Sliding into the booth, Taisei stared at the incredible city scape below them. Located on the ninetieth floor of the Albero Forte Tower, Böhm’s Sushi House provided an amazing view of the horizon. The Naifeh dunes, a couple of oversized sand hills preserved in a glass museum, could be seen from Taisei’s seat. He had never laid eyes on them until this evening, but then again, he had never been invited to such a luxurious dining tower before.

             
“I hope you had a safe drive,” Freja said as she took a sip from her glass of water.

             
“It was certainly a scenic trip,” Taisei downloaded the restaurant’s menu into his head. “I had trouble finding a space to park my bike.”

             
“You rode a bicycle to Albero Forte?” Freja laughed a little too loudly.

             
“Well, yes…” Taisei could not understand what was so funny.

             
“Good grief,” Freja wiped a single tear from her eye. “You should have
splurged
and rented a motorcycle taxi at the least.
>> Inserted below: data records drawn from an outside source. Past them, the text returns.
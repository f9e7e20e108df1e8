-- ===== src/Lib.antt =====
-- iotit prepares images for small boards: it finds the image of a device in mapping.json, downloads it
-- and unpacks it in a virtual machine, configures it there over ssh, and writes it to a card.
--
-- The parts, the files that model them, and the code:
--   * Mapping, Mapping/Defs, Mapping/Lookup: repo/mapping.go. `find_in_devices` is findDevice with
--     the changes it makes to the shared collection, `fill_empty_images` is fillEmptyImages,
--     `init_device_collection` and `get_device_repo` pass the package variable `dm` on explicitly.
--     Mapping/Updates: the download of mapping.json.
--   * Repository, Repository/Release: repo/repository.go, versions, release channels and new versions.
--   * Config/Storage, Config/Interfaces, Config/Dialogs, Config/Save, Config/Configurator:
--     device/config. A callback takes the shared storage and gives it back with an error.
--   * Vbox/Defs, Vbox/Settings, Vbox/Json: vbox/vbox.go. Vbox/Machines, Vbox/Check, Vbox/Update,
--     Vbox/Upgrade: vbox/machine.go, with NewRepositoryVM of repo/repository.go in
--     Vbox/Check; `update` of Vbox/Upgrade is Update.
--   * Device/Flasher, Device/Images, Device/Prepare: device/flasher.go. Device/Mount, Device/Sd:
--     device/sd_flasher.go. Device/Raspi: device/rasppi.go. Device/Select: device/device.go.
--     Device/Done: Done of device/flasher.go. Device/Beagle: device/beagle.go. Device/Colibri/Defs,
--     Device/Colibri/Board: device/colibri.go. Device/Edison, Device/Edison/Callbacks:
--     device/edison.go and device/edison_posix.go; Device/Edison/Windows:
--     device/edison_windows.go. Device/Esp: device/serial_flasher.go.
--   * Workstation/Defs, Workstation/Linux, Workstation/Darwin, Workstation/Windows:
--     workstation/workstation.go, and workstation/w_linux.go, w_darwin.go and w_windows.go there.
--   * Cli/TailLog, Cli/Commands: iotit.go, tailLog and the actions of the commands. `flash_kind`,
--     `configure_kind` and `write_kind` call the methods of a flasher by its type.
--   * GoStrings: what is used of Go's package strings. Base: Boolean tests and lists over native numbers.
--   * Effects: how code acts. An action is a function on the history of what has been done, newest
--     first; it ends with a value, a panic, an exit or, where a loop's fuel is used up, unfinished.
--     What the code calls outside the repository answers through `Env`, `VirtualBox`, `Sources`,
--     `Files`, `Serial`, `Web` and their like, whose answers may depend on the whole history.
--     Effects/Trace, Effects/Rules and Effects/Choice reason about what an action adds to the history,
--     Effects/Invariant about what it keeps, Effects/Panics about panics.
--   * The other files hold theorems; Tests holds concrete settings and runs.
--
-- A flasher of device/device.go takes a device from Mapping, prepares its image with Vbox and
-- Device/Images, has Config ask and write settings into the mounted image, and gives it to Workstation.
--
-- Bounds and fuel: `ask_interface_params` takes fuel for the times that the user asks to try again,
-- `wait_for_ssh` the number of ticks that are waited for; both end unfinished without any left, as
-- the code goes on without bound. `prepare_image` takes what is left of the two retries, `write_loop`
-- and `select_loop` the three or five tries of the source: these need no fuel. `Patience` holds the fuel of the
-- loops of the Colibri, which a board that answers and a user who answers make enough; the tries of the
-- Edison take fuel, as long as the user connects it anew, and so does the question of the Windows
-- job for a disk that is connected again. `tail_log` gives its loop the length of the file and two, one
-- round for each byte, which is always enough. The int64 product of a disk's size
-- wraps; strconv.Atoi fails from 2 ^ 63 on.
--
-- Goroutines: one that is waited for at once runs in line. That of CleanDisk, and bootInRecovery, go on
-- after they have reported an error; how far they get before the program ends is an argument. The
-- one of the BeagleBone's Configure is through before the dialogs begin or begins after them; the
-- schedules between are not modelled.
--
-- Not modelled: printing, logging, pauses and progress bars; known_hosts; how VirtualBox is looked for
-- on Windows; the table of commands and flags and the help texts; decoding mapping.json and the versions of the virtual machine
-- into their records, and downloads themselves, which are parameters.
pub mod Base
pub mod GoStrings
pub mod Effects
pub mod Config
pub mod Mapping
pub mod Repository
pub mod Vbox
pub mod Device
pub mod Workstation
pub mod Cli
pub mod Tests
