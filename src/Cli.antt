-- ===== src/Cli.antt =====
-- The command line, iotit.go.
pub mod TailLog
pub mod Commands
pub mod Unprepared
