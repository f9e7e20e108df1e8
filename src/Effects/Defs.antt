-- ===== src/Effects/Defs.antt =====
-- Histories of events, actions on them, and the world that answers: the packages that the code calls
-- for ssh, dialogs, files, pings and commands.
use iotit.Base.{ℕ, String, Bool, Option, none, some, List, ◌∷◌, length, ◌<◌, ◌≡◌}

-- What is recorded of an action.
pub data Event : Type 0 where
  ssh : String → Event  -- Util.Run, the command
  scp : String → String → Event  -- Util.Scp, from the host to the virtual machine
  scp_from : String → String → Event  -- Util.ScpFrom, from the virtual machine to the host
  asked : String → Event  -- YesNoDialog
  offered : String → List String → Event  -- SelectOneDialog
  queried : String → Event  -- GetSingleAnswer
  ran : List String → Event  -- a command on the host: exec.Command, help.ExecCmd, sudo.Exec
  deleted : String → Event  -- help.DeleteFile
  powered_off : String → Event  -- Machine.Poweroff
  started : String → Event  -- Machine.Start
  typed_password : Event  -- WiFiPassword
  pinged : String → Event  -- PingIp
  downloaded : String → String → Event  -- a url, and the file or directory it is saved to
  wrote : String → String → Event  -- help.WriteFile, the file and its text
  unzipped : String → String → Event  -- help.Unzip, the file and the directory
  fetched : String → Event  -- a GET of a url
  listed : String → Event  -- `ls`, sorted, of a directory
  sent : String → Event  -- Write of a serial port
  received : Event  -- Read of a serial port

pub data Outcome (A : Type 0) : Type 0 where
  done : A → Outcome A
  panic : Outcome A
  exit : ℕ → Outcome A
  unfinished : Outcome A  -- the fuel of a loop that the user or the network can prolong ran out

abbrev pub M : Type 0 → Type 0
M A = List Event → Outcome A × List Event

abbrev pub pure : {A : Type 0} → A → M A
pure a h = (done a, h)

abbrev pub fail : {A : Type 0} → M A
fail h = (panic, h)

abbrev pub leave : {A : Type 0} → ℕ → M A
leave n h = (exit n, h)

abbrev pub give_up : {A : Type 0} → M A
give_up h = (unfinished, h)

abbrev pub continue_with :
    {A B : Type 0} → Outcome A → List Event → (A → M B) → Outcome B × List Event
continue_with (done a) h f = f a h
continue_with panic h f = (panic, h)
continue_with (exit n) h f = (exit n, h)
continue_with unfinished h f = (unfinished, h)

infixl 5 ◌>>=◌ ◌>>◌
abbrev pub ◌>>=◌ : {A B : Type 0} → M A → (A → M B) → M B
◌>>=◌ m f h = continue_with (m h).0 (m h).1 f

abbrev pub ◌>>◌ : {A B : Type 0} → M A → M B → M B
m >> k = m >>= λ _. k

-- A dialog that gets no valid answer ends the program with status 3.
abbrev pub or_exit : {A : Type 0} → Option A → M A
or_exit none = leave 3
or_exit (some a) = pure a

-- An index into a slice, which panics out of range.
abbrev pub or_panic : {A : Type 0} → Option A → M A
or_panic none = fail
or_panic (some a) = pure a

-- `if err := m; err != nil { return err }; k`, for a function that returns its object and an error.
abbrev pub or_return : {S A : Type 0} → S × Option A → (S → M (S × Option A)) → M (S × Option A)
or_return (s, none) k = k s
or_return (s, some e) k = pure (s, some e)

-- `if err != nil { return err }; k`, for a method that leaves its object as `s`.
abbrev pub unless : {S : Type 0} → Option String → S → M (S × Option String) → M (S × Option String)
unless (some e) s k = pure (s, some e)
unless none s k = k

-- What a command gives: its standard output and error, and the error of the call that runs it. That of
-- sudo.Exec tells nothing of the exit status of a command that has started.
pub record Reply : Type 0 where
  pub out : String
  pub eut : String
  pub err : Option String

pub record Env : Type 0 where
  pub run : List Event → String → Reply
  pub copy_to : List Event → String → String → Option String
  pub copy_from : List Event → String → String → Option String
  pub yes_no : List Event → String → Option Bool
  pub choose : List Event → String → List String → Option ℕ
  pub answer : List Event → String → Option String
  pub wifi_password : List Event → Option String
  pub ping_ip : List Event → String → Bool  -- PingIp, false on success
  pub exec : List Event → List String → Reply
  pub read_file : List Event → String → Option String
  pub read_dir : List Event → String → List String
  pub file_mode : List Event → String → Bool × Option String  -- help.FileModeMask(path, 0200)
  pub exists : List Event → String → Bool  -- help.Exists
  pub path : String → List String → String  -- help.AddPathSuffix("unix", …)
  pub temp_dir : String  -- help.GetTempDir()
  pub colored : String → String  -- dialogs.PrintColored

-- SelectOneDialog returns the index of one of the options.
pub record AnswersInRange (env : Env) : Type 0 where
  pub choose_lt :
      (h : List Event) (question : String) (options : List String) (i : ℕ)
      → env.choose h question options ≡ some i
      → i < length options

module _ (env : Env) where
  unfoldable pub ssh_run : String → M Reply
  ssh_run command h = (done (env.run h command), ssh command ∷ h)

  unfoldable pub ssh_copy : String → String → M (Option String)
  ssh_copy src dst h = (done (env.copy_to h src dst), scp src dst ∷ h)

  unfoldable pub ssh_copy_from : String → String → M (Option String)
  ssh_copy_from src dst h = (done (env.copy_from h src dst), scp_from src dst ∷ h)

  unfoldable pub yes_no_dialog : String → M Bool
  yes_no_dialog question h = or_exit (env.yes_no h question) (asked question ∷ h)

  unfoldable pub select_one : String → List String → M ℕ
  select_one question options h =
      or_exit (env.choose h question options) (offered question options ∷ h)

  unfoldable pub single_answer : String → M String
  single_answer question h = or_exit (env.answer h question) (queried question ∷ h)

  unfoldable pub ask_wifi_password : M String
  ask_wifi_password h = or_exit (env.wifi_password h) (typed_password ∷ h)

  unfoldable pub ping : String → M Bool
  ping ip h = (done (env.ping_ip h ip), pinged ip ∷ h)

  unfoldable pub host_exec : List String → M Reply
  host_exec args h = (done (env.exec h args), ran args ∷ h)

unfoldable pub delete_file : String → M (Unit {0})
delete_file path h = (done tt, deleted path ∷ h)

unfoldable pub write_file : String → String → M (Unit {0})
write_file file content h = (done tt, wrote file content ∷ h)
Riding a bike, how ridiculous! I’m paying for your meal anyway.” Another round of laughter made Taisei blush. He apparently hadn’t fully adapted to upper-class, or even middle-class, living as of yet.

             
“I’ll remember to leave my Foudre de Feu at home next time,” Taisei said shortly. He didn’t know why he name dropped the brand of his bicycle. To someone with Freja’s salary, an expensive bicycle did not leave much of an impression. “What do you recommend?” he asked softly.